◆ YOUR OBJECTIVE
Filter the entries for the string "configure". Copy each line that has it.
[EXCERPTED RECORDS Boundary: Start]
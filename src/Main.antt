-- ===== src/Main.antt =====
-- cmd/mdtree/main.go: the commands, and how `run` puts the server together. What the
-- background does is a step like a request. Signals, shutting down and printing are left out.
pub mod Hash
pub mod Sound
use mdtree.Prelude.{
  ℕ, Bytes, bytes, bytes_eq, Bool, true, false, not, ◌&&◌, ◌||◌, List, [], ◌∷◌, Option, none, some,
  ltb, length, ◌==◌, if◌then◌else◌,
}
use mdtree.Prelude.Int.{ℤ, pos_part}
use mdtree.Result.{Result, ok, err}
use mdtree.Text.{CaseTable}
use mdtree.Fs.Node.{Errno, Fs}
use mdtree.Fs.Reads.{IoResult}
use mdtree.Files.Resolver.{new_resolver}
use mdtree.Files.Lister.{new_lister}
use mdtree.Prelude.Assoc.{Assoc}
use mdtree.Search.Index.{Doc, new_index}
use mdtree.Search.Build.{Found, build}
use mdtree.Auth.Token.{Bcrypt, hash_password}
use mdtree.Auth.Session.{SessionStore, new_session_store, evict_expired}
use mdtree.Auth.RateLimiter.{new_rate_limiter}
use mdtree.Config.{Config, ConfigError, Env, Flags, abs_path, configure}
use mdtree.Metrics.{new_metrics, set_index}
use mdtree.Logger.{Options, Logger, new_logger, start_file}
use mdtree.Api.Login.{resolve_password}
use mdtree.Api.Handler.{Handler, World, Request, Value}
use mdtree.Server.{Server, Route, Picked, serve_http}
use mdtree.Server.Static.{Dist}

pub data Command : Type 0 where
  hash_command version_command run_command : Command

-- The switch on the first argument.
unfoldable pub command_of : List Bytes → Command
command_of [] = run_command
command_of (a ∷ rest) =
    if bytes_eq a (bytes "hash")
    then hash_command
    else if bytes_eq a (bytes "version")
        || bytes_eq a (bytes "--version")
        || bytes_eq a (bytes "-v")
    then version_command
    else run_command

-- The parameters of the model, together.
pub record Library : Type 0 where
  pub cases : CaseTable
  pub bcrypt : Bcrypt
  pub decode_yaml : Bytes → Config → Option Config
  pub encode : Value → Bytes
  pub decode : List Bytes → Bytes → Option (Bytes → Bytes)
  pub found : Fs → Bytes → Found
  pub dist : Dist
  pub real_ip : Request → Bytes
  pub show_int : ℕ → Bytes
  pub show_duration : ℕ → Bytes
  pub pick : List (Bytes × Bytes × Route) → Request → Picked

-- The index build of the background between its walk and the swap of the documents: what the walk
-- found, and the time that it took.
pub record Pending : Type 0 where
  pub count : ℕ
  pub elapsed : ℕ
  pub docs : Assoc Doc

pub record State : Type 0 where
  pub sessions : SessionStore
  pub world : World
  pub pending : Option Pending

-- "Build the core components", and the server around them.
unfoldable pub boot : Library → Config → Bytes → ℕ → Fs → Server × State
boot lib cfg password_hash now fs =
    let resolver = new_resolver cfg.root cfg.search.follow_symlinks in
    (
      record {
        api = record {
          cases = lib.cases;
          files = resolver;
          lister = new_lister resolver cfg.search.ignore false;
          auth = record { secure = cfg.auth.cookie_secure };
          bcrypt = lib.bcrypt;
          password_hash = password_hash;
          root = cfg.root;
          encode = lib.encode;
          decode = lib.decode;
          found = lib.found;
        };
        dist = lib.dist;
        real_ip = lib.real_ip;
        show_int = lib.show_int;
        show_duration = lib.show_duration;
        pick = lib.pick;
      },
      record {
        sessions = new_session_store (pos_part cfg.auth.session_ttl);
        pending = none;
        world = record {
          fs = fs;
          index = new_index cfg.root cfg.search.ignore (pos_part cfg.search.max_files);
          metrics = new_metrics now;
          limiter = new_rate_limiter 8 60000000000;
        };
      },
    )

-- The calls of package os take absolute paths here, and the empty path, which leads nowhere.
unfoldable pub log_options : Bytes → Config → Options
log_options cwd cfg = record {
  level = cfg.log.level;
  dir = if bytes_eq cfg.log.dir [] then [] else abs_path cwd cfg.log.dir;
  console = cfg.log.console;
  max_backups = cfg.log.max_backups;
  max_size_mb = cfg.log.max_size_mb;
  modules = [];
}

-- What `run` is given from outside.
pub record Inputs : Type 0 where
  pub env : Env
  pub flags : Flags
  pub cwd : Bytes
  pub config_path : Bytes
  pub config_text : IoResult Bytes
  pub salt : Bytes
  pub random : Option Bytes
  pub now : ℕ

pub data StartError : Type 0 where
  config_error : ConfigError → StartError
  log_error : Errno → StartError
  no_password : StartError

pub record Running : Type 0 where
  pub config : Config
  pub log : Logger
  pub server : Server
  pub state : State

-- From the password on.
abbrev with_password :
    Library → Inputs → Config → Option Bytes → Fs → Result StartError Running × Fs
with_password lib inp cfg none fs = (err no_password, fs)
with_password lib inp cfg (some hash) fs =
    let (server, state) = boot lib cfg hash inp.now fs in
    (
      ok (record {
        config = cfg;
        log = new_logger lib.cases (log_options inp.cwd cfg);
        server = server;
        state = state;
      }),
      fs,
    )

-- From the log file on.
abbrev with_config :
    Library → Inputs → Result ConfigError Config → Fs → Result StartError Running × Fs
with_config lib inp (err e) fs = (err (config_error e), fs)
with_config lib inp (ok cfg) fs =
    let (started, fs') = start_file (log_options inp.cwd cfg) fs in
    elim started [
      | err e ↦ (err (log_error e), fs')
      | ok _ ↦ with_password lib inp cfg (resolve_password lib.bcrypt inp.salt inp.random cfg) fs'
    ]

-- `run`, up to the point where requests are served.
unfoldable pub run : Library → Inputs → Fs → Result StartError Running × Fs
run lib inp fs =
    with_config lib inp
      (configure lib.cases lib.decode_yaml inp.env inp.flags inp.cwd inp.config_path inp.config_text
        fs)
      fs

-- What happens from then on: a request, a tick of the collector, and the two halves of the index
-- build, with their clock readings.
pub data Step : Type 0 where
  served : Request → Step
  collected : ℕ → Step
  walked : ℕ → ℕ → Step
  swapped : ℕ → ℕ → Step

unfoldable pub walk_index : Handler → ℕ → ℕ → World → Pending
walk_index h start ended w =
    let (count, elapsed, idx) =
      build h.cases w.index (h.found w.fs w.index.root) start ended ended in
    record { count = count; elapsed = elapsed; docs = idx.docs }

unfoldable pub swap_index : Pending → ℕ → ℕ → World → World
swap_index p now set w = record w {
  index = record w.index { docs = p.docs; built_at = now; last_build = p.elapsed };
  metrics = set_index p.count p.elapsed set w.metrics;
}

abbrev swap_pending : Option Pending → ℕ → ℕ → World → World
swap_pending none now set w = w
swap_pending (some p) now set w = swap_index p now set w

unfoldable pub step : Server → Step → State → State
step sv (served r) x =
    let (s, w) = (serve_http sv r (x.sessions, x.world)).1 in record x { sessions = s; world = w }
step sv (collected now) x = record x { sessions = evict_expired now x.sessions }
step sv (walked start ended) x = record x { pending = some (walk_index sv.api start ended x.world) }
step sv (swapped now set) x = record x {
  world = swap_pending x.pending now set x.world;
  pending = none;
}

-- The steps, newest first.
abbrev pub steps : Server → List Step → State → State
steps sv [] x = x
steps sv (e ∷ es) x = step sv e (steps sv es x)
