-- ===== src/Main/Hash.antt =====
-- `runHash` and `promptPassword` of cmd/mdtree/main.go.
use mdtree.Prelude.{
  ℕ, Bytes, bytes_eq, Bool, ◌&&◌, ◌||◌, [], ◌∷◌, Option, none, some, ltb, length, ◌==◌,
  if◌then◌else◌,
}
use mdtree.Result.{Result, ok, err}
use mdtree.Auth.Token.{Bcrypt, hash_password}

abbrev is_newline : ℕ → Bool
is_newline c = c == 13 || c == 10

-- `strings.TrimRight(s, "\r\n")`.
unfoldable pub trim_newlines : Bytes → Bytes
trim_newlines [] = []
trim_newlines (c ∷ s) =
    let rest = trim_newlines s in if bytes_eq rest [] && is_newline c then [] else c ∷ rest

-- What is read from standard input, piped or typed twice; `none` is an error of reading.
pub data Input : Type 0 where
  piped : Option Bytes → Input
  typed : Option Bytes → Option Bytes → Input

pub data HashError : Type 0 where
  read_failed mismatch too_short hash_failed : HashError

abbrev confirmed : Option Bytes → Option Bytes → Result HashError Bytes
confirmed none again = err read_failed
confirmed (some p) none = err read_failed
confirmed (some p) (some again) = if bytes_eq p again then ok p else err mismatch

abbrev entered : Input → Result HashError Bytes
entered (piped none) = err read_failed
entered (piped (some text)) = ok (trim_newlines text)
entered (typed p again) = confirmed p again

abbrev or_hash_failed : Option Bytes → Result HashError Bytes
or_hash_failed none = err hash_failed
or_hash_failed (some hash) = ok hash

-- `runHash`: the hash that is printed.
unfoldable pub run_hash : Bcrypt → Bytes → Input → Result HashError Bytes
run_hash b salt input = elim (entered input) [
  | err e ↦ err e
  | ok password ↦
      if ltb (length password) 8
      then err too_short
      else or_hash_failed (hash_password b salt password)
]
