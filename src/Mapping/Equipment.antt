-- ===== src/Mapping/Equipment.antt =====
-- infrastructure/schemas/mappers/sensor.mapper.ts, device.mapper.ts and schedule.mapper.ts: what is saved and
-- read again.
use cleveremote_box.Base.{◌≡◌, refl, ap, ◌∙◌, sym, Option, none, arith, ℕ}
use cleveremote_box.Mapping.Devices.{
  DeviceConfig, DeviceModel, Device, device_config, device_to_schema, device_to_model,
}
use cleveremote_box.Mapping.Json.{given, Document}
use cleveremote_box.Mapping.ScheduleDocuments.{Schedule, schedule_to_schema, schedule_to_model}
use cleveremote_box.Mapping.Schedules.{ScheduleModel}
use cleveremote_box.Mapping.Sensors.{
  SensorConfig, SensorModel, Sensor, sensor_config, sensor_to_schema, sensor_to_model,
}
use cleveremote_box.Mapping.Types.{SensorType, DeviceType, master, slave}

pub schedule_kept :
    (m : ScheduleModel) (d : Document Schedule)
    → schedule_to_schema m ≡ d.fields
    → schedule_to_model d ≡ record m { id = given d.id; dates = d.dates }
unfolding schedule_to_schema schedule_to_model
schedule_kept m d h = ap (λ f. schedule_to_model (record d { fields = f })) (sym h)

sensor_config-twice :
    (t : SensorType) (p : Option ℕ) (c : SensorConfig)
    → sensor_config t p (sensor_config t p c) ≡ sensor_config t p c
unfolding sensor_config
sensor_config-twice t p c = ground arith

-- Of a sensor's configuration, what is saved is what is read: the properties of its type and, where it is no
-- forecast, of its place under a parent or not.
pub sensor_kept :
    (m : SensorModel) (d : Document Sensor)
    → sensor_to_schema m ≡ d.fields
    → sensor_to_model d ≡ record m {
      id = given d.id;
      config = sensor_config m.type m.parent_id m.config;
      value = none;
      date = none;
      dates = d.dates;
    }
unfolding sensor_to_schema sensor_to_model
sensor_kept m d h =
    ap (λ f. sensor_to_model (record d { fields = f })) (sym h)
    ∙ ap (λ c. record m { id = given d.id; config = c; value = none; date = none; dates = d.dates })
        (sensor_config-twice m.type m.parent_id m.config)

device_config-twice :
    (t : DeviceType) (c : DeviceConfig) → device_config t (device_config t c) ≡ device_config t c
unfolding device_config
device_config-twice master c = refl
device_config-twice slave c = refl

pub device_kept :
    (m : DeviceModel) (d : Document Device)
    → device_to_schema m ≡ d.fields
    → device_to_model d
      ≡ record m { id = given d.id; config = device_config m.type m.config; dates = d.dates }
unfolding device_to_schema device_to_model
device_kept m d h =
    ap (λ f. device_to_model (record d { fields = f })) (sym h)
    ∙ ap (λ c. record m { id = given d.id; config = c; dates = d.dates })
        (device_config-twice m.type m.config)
[EXCERPTED RECORDS Boundary: End]
◆ EXPECTED ANSWER
use mdtree.Config.{Config, ConfigError, Env, Flags, abs_path, configure}
      (configure lib.cases lib.decode_yaml inp.env inp.flags inp.cwd inp.config_path inp.config_text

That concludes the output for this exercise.